Records from a data source:
+-------+

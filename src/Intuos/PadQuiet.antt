-- ===== src/Intuos/PadQuiet.antt =====
-- A pad packet that reports the pad as away presses no pad key.
use linuxwacom.Prelude.{
  ℕ, ◌%◌, ◌/◌, ◌<◌, ◌≡◌, true, false, bit_and, bit_or, not, arith, has, [], ◌∷◌, when, ◌|>◌,
}
use linuxwacom.Prelude.Bits.{
  le-bit_or, bit_and-le_left, bit_and_step, bit_and-double, bit_and_seven, bit_and-one, bit_and_two,
  bit_and_4, bit_and_8, bit_and_16,
}
use linuxwacom.Input.{
  Key, held, key_index, same_key, tool_finger, btn_0, key_prog3, abs_wheel, abs_throttle, abs_rx,
  abs_ry,
}
use linuxwacom.Wacom.{Wac, Packet, is_type, report_abs, set_tool, wacom_22hd, intuos4s}
use linuxwacom.Intuos.Pads.{
  report_keys, post_keys, keys_intuos4, more_intuos4, keys_dtk, keys_13hd, keys_24hd, keys_intuos5,
  list_21ux2, list_strips, ring, presence, pad, pad_intuos4, pad_dtk, pad_13hd, pad_24hd,
  pad_intuos5, pad_strips, keys_21ux2, keys_strips, strips_in_use, strip, pad_of, in_use_24hd,
  in_use_intuos5,
}
use linuxwacom.Intuos.PadKeys.{quiet-report_keys, held-presence, in_use, pad-held}

-- A key `k` that is up stays up.
abbrev Quiet : Key → Wac → Wac → Type 0
Quiet k w w' = held k w.posted ≡ false → held k w'.posted ≡ false

-- The bits below a mask of ones are clear if the masked value is 0.
low_five :
    (a : ℕ)
    → bit_and a 0x1f ≡ 0
    → (bit_and a 1 ≡ 0)
      × (bit_and a 2 ≡ 0)
      × (bit_and a 4 ≡ 0)
      × (bit_and a 8 ≡ 0)
      × (bit_and a 16 ≡ 0)
      × (bit_and a 0x1c ≡ 0)
low_five a z =
    let zero_end : a % 32 ≡ 0 =
      omega (arith, bit_and_step a 0x1f, bit_and_step (a / 2) 0x0f, bit_and_seven (a / 2 / 2)) in
    omega (
      arith,
      bit_and-one a,
      bit_and_two a,
      bit_and_4 a,
      bit_and_8 a,
      bit_and_16 a,
      bit_and-double a 0x0e,
      bit_and-double (a / 2) 0x07,
      bit_and_seven (a / 2 / 2),
    )

low_six :
    (a : ℕ)
    → bit_and a 0x3f ≡ 0
    → (bit_and a 1 ≡ 0)
      × (bit_and a 2 ≡ 0)
      × (bit_and a 4 ≡ 0)
      × (bit_and a 8 ≡ 0)
      × (bit_and a 16 ≡ 0)
      × (bit_and a 32 ≡ 0)
low_six a z =
    let step = bit_and_step a 0x3f in
    omega (
      arith,
      step,
      low_five (a / 2) (omega (arith, step)),
      bit_and-one a,
      bit_and-double a 1,
      bit_and-double a 2,
      bit_and-double a 4,
      bit_and-double a 8,
      bit_and-double a 16,
    )

ruleset zero_parts = (arith, bit_and-le_left, le-bit_or)

module _ (k : Key) (d : Packet) (w : Wac) (other : same_key (w.tool 1) k ≡ false) where
  pad_intuos4-Quiet :
      bit_or (bit_or (d 1) (bit_and (d 2) 0x01)) (d 3) ≡ 0 → Quiet k w (pad_intuos4 d w)
  unfolding pad_intuos4
  pad_intuos4-Quiet z up =
      let n = bit_or (bit_or (d 1) (bit_and (d 2) 0x01)) (d 3) in
      let w1 = report_keys (keys_intuos4 d) w in
      let w2 = report_abs abs_wheel (ring (d 1)) w1 in
      let w3 = when (not (is_type w2.features.kind intuos4s)) (report_keys (more_intuos4 d)) w2 in
      ground (
        arith,
        held-presence k n w3,
        quiet-report_keys k (keys_intuos4 d) w (omega zero_parts) up,
        quiet-report_keys k (more_intuos4 d) w2 (omega zero_parts),
      )

  pad_dtk-Quiet : bit_and (d 6) 0x3f ≡ 0 → Quiet k w (pad_dtk d w)
  unfolding pad_dtk
  pad_dtk-Quiet z up = ground (
    arith,
    held-presence k (bit_and (d 6) 0x3f) (report_keys (keys_dtk d) w),
    quiet-report_keys k (keys_dtk d) w (omega (arith, low_six (d 6) z)) up,
  )

  pad_13hd-Quiet : bit_or (bit_and (d 3) 0x01) (d 4) ≡ 0 → Quiet k w (pad_13hd d w)
  unfolding pad_13hd
  pad_13hd-Quiet z up = ground (
    arith,
    held-presence k (bit_or (bit_and (d 3) 0x01) (d 4)) (report_keys (keys_13hd d) w),
    quiet-report_keys k (keys_13hd d) w (omega zero_parts) up,
  )

  pad_24hd-Quiet : in_use_24hd d ≡ 0 → Quiet k w (pad_24hd d w)
  unfolding pad_24hd in_use_24hd
  pad_24hd-Quiet z up =
      let w1 = report_keys (keys_24hd d) w in
      ground (
        arith,
        held-presence k (in_use_24hd d)
            (w1 |> report_abs abs_wheel (ring (d 1)) |> report_abs abs_throttle (ring (d 2))),
        quiet-report_keys k (keys_24hd d) w (omega (zero_parts, low_five (d 3))) up,
      )

  pad_intuos5-Quiet : in_use_intuos5 d ≡ 0 → Quiet k w (pad_intuos5 d w)
  unfolding pad_intuos5 in_use_intuos5
  pad_intuos5-Quiet z up =
      let first = (btn_0, bit_and (d 3) 0x01) ∷ [] in
      let w1 = report_keys first w in
      let w2 = report_keys (keys_intuos5 d) w1 in
      ground (
        arith,
        held-presence k (in_use_intuos5 d) (report_abs abs_wheel (ring (d 2)) w2),
        quiet-report_keys k first w (omega zero_parts) up,
        quiet-report_keys k (keys_intuos5 d) w1 (omega zero_parts),
      )

  pad_strips-Quiet :
      strips_in_use d ≡ 0 → is_type w.features.kind wacom_22hd ≡ false → Quiet k w (pad_strips d w)
  unfolding pad_strips keys_21ux2 keys_strips strips_in_use
  pad_strips-Quiet z model up =
      let sides = λ (v : Wac).
        v |> report_abs abs_rx (strip (d 1) (d 2)) |> report_abs abs_ry (strip (d 3) (d 4)) in
      ground (
        arith,
        held-presence k (strips_in_use d) (sides (report_keys (list_21ux2 d) w)),
        held-presence k (strips_in_use d) (sides (report_keys (list_strips d) w)),
        quiet-report_keys k (list_21ux2 d) w (omega (zero_parts, low_five (d 5))) up,
        quiet-report_keys k (list_strips d) w (omega (zero_parts, low_five (d 5))) up,
      )

pad_of-Quiet :
    (k : Key) (d : Packet) (w : Wac)
    → same_key (w.tool 1) k ≡ false
    → is_type w.features.kind wacom_22hd ≡ false
    → in_use w.features.kind d ≡ 0
    → Quiet k w (pad_of w.features.kind d w)
unfolding pad_of in_use
pad_of-Quiet k d w other model away up = ground (
  arith,
  pad_intuos4-Quiet k d w other,
  pad_dtk-Quiet k d w other,
  pad_13hd-Quiet k d w other,
  pad_24hd-Quiet k d w other,
  pad_intuos5-Quiet k d w other,
  pad_strips-Quiet k d w other,
)

-- On every model but the 22HD, a pad packet that reports the pad as away leaves every pad key that
-- was up, up.
pub pad-quiet :
    (k : Key) (d : Packet) (w : Wac)
    → key_index k < 30
    → is_type w.features.kind wacom_22hd ≡ false
    → held tool_finger (pad d w).posted ≡ false
    → held k w.posted ≡ false
    → held k (pad d w).posted ≡ false
unfolding pad
pad-quiet k d w button model away up = ground (
  arith,
  pad-held tool_finger d w (omega arith),
  pad_of-Quiet k d w,
  pad_of-Quiet k d (set_tool 1 tool_finger w),
)

-- On the 22HD, a packet with the third program key pressed and nothing else that counts as the pad
-- in use reports that key down and the pad away.
pub pad-22hd :
    (d : Packet) (w : Wac)
    → is_type w.features.kind wacom_22hd ≡ true
    → in_use wacom_22hd d ≡ 0
    → has (d 9) 0x04 ≡ true
    → (held key_prog3 (pad d w).posted ≡ true) × (held tool_finger (pad d w).posted ≡ false)
unfolding pad pad_of in_use pad_strips keys_21ux2 post_keys presence
pad-22hd d w model away pressed = ground arith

+-------+

• [TASK TO COMPLETE]
Copy the records above exactly, from the first line through the line containing "abbrev Quiet : Key → Wac → Wac → Type 0", and include nothing else.

• [YOUR SOLUTION]
filename src/Intuos/PadQuiet.antt
-- ===== src/Intuos/PadQuiet.antt =====
-- A pad packet that reports the pad as away presses no pad key.
use linuxwacom.Prelude.{
  ℕ, ◌%◌, ◌/◌, ◌<◌, ◌≡◌, true, false, bit_and, bit_or, not, arith, has, [], ◌∷◌, when, ◌|>◌,
}
use linuxwacom.Prelude.Bits.{
  le-bit_or, bit_and-le_left, bit_and_step, bit_and-double, bit_and_seven, bit_and-one, bit_and_two,
  bit_and_4, bit_and_8, bit_and_16,
}
use linuxwacom.Input.{
  Key, held, key_index, same_key, tool_finger, btn_0, key_prog3, abs_wheel, abs_throttle, abs_rx,
  abs_ry,
}
use linuxwacom.Wacom.{Wac, Packet, is_type, report_abs, set_tool, wacom_22hd, intuos4s}
use linuxwacom.Intuos.Pads.{
  report_keys, post_keys, keys_intuos4, more_intuos4, keys_dtk, keys_13hd, keys_24hd, keys_intuos5,
  list_21ux2, list_strips, ring, presence, pad, pad_intuos4, pad_dtk, pad_13hd, pad_24hd,
  pad_intuos5, pad_strips, keys_21ux2, keys_strips, strips_in_use, strip, pad_of, in_use_24hd,
  in_use_intuos5,
}
use linuxwacom.Intuos.PadKeys.{quiet-report_keys, held-presence, in_use, pad-held}

-- A key `k` that is up stays up.
abbrev Quiet : Key → Wac → Wac → Type 0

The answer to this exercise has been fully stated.